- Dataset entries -
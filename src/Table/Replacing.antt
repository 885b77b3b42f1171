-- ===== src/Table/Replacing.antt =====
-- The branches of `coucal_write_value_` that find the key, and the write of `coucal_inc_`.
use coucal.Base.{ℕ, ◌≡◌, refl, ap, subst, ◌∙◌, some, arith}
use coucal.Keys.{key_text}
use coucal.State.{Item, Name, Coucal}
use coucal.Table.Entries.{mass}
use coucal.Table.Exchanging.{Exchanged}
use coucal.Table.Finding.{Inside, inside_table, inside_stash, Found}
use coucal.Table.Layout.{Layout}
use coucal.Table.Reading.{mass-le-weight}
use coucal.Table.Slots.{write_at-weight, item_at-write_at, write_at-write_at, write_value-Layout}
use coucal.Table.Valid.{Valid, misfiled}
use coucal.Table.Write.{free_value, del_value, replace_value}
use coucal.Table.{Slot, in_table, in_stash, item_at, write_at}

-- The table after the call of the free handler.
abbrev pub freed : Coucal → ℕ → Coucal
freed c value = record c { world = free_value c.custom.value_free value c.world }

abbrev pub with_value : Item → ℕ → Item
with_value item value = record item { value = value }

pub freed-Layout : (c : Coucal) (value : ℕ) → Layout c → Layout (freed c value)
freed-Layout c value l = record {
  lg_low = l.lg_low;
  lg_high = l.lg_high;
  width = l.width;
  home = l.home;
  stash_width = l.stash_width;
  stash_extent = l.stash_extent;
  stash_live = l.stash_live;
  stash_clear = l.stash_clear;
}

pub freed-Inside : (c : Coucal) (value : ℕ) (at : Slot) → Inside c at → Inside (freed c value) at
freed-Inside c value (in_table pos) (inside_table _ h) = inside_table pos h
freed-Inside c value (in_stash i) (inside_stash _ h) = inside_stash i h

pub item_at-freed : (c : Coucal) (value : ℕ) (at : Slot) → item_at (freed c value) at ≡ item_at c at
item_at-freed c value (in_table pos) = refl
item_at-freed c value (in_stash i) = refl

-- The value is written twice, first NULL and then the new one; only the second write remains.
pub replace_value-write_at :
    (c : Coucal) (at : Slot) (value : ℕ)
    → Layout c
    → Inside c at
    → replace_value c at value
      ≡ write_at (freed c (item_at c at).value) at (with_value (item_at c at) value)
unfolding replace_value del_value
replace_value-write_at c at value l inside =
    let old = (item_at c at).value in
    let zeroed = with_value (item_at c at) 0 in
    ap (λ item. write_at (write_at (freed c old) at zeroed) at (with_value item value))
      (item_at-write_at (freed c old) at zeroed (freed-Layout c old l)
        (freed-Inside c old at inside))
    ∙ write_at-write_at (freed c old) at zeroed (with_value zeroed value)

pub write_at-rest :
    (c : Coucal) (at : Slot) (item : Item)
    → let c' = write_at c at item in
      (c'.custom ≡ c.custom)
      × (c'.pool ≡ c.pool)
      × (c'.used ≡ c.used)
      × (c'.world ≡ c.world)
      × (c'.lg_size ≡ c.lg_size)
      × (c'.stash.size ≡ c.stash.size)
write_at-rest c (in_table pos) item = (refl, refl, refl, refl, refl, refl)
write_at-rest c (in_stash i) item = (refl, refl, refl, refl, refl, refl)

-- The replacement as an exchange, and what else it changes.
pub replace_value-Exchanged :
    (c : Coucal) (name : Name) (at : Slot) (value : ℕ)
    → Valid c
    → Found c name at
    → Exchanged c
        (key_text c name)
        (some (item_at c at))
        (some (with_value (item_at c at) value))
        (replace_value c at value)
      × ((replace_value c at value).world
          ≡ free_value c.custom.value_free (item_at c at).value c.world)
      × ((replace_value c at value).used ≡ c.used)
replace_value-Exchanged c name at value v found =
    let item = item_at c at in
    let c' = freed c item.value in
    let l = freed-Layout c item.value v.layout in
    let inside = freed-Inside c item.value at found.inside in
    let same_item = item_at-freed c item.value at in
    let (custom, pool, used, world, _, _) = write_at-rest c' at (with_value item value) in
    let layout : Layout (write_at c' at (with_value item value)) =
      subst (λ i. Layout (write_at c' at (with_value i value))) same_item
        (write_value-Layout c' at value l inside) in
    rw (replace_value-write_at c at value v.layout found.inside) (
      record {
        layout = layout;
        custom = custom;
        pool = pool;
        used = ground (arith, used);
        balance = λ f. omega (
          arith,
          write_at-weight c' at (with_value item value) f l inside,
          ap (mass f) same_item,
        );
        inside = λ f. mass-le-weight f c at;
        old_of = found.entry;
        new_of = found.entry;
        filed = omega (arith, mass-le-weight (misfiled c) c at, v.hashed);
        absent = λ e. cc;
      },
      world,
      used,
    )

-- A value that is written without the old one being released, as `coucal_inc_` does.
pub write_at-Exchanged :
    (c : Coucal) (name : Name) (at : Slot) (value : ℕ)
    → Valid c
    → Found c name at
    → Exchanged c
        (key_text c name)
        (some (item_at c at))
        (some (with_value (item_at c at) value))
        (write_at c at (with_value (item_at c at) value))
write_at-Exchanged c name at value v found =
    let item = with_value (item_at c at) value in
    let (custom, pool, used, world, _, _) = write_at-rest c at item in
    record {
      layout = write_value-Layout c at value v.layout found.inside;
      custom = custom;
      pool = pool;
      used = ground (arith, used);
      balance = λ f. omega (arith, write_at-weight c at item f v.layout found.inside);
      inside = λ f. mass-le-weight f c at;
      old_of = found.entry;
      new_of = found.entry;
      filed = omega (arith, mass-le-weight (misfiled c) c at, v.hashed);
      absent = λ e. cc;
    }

- WORK TO BE COMPLETED -
Using the exact wording, repeat all the entries.

- OUTPUT OF THE TASK -
filename src/Table/Replacing.antt
repository 885b77b3b42f1171
-- ===== src/Table/Replacing.antt =====
-- The branches of `coucal_write_value_` that find the key, and the write of `coucal_inc_`.
use coucal.Base.{ℕ, ◌≡◌, refl, ap, subst, ◌∙◌, some, arith}
use coucal.Keys.{key_text}
use coucal.State.{Item, Name, Coucal}
use coucal.Table.Entries.{mass}
use coucal.Table.Exchanging.{Exchanged}
use coucal.Table.Finding.{Inside, inside_table, inside_stash, Found}
use coucal.Table.Layout.{Layout}
use coucal.Table.Reading.{mass-le-weight}
use coucal.Table.Slots.{write_at-weight, item_at-write_at, write_at-write_at, write_value-Layout}
use coucal.Table.Valid.{Valid, misfiled}
use coucal.Table.Write.{free_value, del_value, replace_value}
use coucal.Table.{Slot, in_table, in_stash, item_at, write_at}

-- The table after the call of the free handler.
abbrev pub freed : Coucal → ℕ → Coucal
freed c value = record c { world = free_value c.custom.value_free value c.world }

abbrev pub with_value : Item → ℕ → Item
with_value item value = record item { value = value }

pub freed-Layout : (c : Coucal) (value : ℕ) → Layout c → Layout (freed c value)
freed-Layout c value l = record {
  lg_low = l.lg_low;
  lg_high = l.lg_high;
  width = l.width;
  home = l.home;
  stash_width = l.stash_width;
  stash_extent = l.stash_extent;
  stash_live = l.stash_live;
  stash_clear = l.stash_clear;
}

pub freed-Inside : (c : Coucal) (value : ℕ) (at : Slot) → Inside c at → Inside (freed c value) at
freed-Inside c value (in_table pos) (inside_table _ h) = inside_table pos h
freed-Inside c value (in_stash i) (inside_stash _ h) = inside_stash i h

pub item_at-freed : (c : Coucal) (value : ℕ) (at : Slot) → item_at (freed c value) at ≡ item_at c at
item_at-freed c value (in_table pos) = refl
item_at-freed c value (in_stash i) = refl

-- The value is written twice, first NULL and then the new one; only the second write remains.
pub replace_value-write_at :
    (c : Coucal) (at : Slot) (value : ℕ)
    → Layout c
    → Inside c at
    → replace_value c at value
      ≡ write_at (freed c (item_at c at).value) at (with_value (item_at c at) value)
unfolding replace_value del_value
replace_value-write_at c at value l inside =
    let old = (item_at c at).value in
    let zeroed = with_value (item_at c at) 0 in
    ap (λ item. write_at (write_at (freed c old) at zeroed) at (with_value item value))
      (item_at-write_at (freed c old) at zeroed (freed-Layout c old l)
        (freed-Inside c old at inside))
    ∙ write_at-write_at (freed c old) at zeroed (with_value zeroed value)

pub write_at-rest :
    (c : Coucal) (at : Slot) (item : Item)
    → let c' = write_at c at item in
      (c'.custom ≡ c.custom)
      × (c'.pool ≡ c.pool)
      × (c'.used ≡ c.used)
      × (c'.world ≡ c.world)
      × (c'.lg_size ≡ c.lg_size)
      × (c'.stash.size ≡ c.stash.size)
write_at-rest c (in_table pos) item = (refl, refl, refl, refl, refl, refl)
write_at-rest c (in_stash i) item = (refl, refl, refl, refl, refl, refl)

-- The replacement as an exchange, and what else it changes.
pub replace_value-Exchanged :
    (c : Coucal) (name : Name) (at : Slot) (value : ℕ)
    → Valid c
    → Found c name at
    → Exchanged c
        (key_text c name)
        (some (item_at c at))
        (some (with_value (item_at c at) value))
        (replace_value c at value)
      × ((replace_value c at value).world
          ≡ free_value c.custom.value_free (item_at c at).value c.world)
      × ((replace_value c at value).used ≡ c.used)
replace_value-Exchanged c name at value v found =
    let item = item_at c at in
    let c' = freed c item.value in
    let l = freed-Layout c item.value v.layout in
    let inside = freed-Inside c item.value at found.inside in
    let same_item = item_at-freed c item.value at in
    let (custom, pool, used, world, _, _) = write_at-rest c' at (with_value item value) in
    let layout : Layout (write_at c' at (with_value item value)) =
      subst (λ i. Layout (write_at c' at (with_value i value))) same_item
        (write_value-Layout c' at value l inside) in
    rw (replace_value-write_at c at value v.layout found.inside) (
      record {
        layout = layout;
        custom = custom;
        pool = pool;
        used = ground (arith, used);
        balance = λ f. omega (
          arith,
          write_at-weight c' at (with_value item value) f l inside,
          ap (mass f) same_item,
        );
        inside = λ f. mass-le-weight f c at;
        old_of = found.entry;
        new_of = found.entry;
        filed = omega (arith, mass-le-weight (misfiled c) c at, v.hashed);
        absent = λ e. cc;
      },
      world,
      used,
    )

-- A value that is written without the old one being released, as `coucal_inc_` does.
pub write_at-Exchanged :
    (c : Coucal) (name : Name) (at : Slot) (value : ℕ)
    → Valid c
    → Found c name at
    → Exchanged c
        (key_text c name)
        (some (item_at c at))
        (some (with_value (item_at c at) value))
        (write_at c at (with_value (item_at c at) value))
write_at-Exchanged c name at value v found =
    let item = with_value (item_at c at) value in
    let (custom, pool, used, world, _, _) = write_at-rest c at item in
    record {
      layout = write_value-Layout c at value v.layout found.inside;
      custom = custom;
      pool = pool;
      used = ground (arith, used);
      balance = λ f. omega (arith, write_at-weight c at item f v.layout found.inside);
      inside = λ f. mass-le-weight f c at;
      old_of = found.entry;
      new_of = found.entry;
      filed = omega (arith, mass-le-weight (misfiled c) c at, v.hashed);
      absent = λ e. cc;
    }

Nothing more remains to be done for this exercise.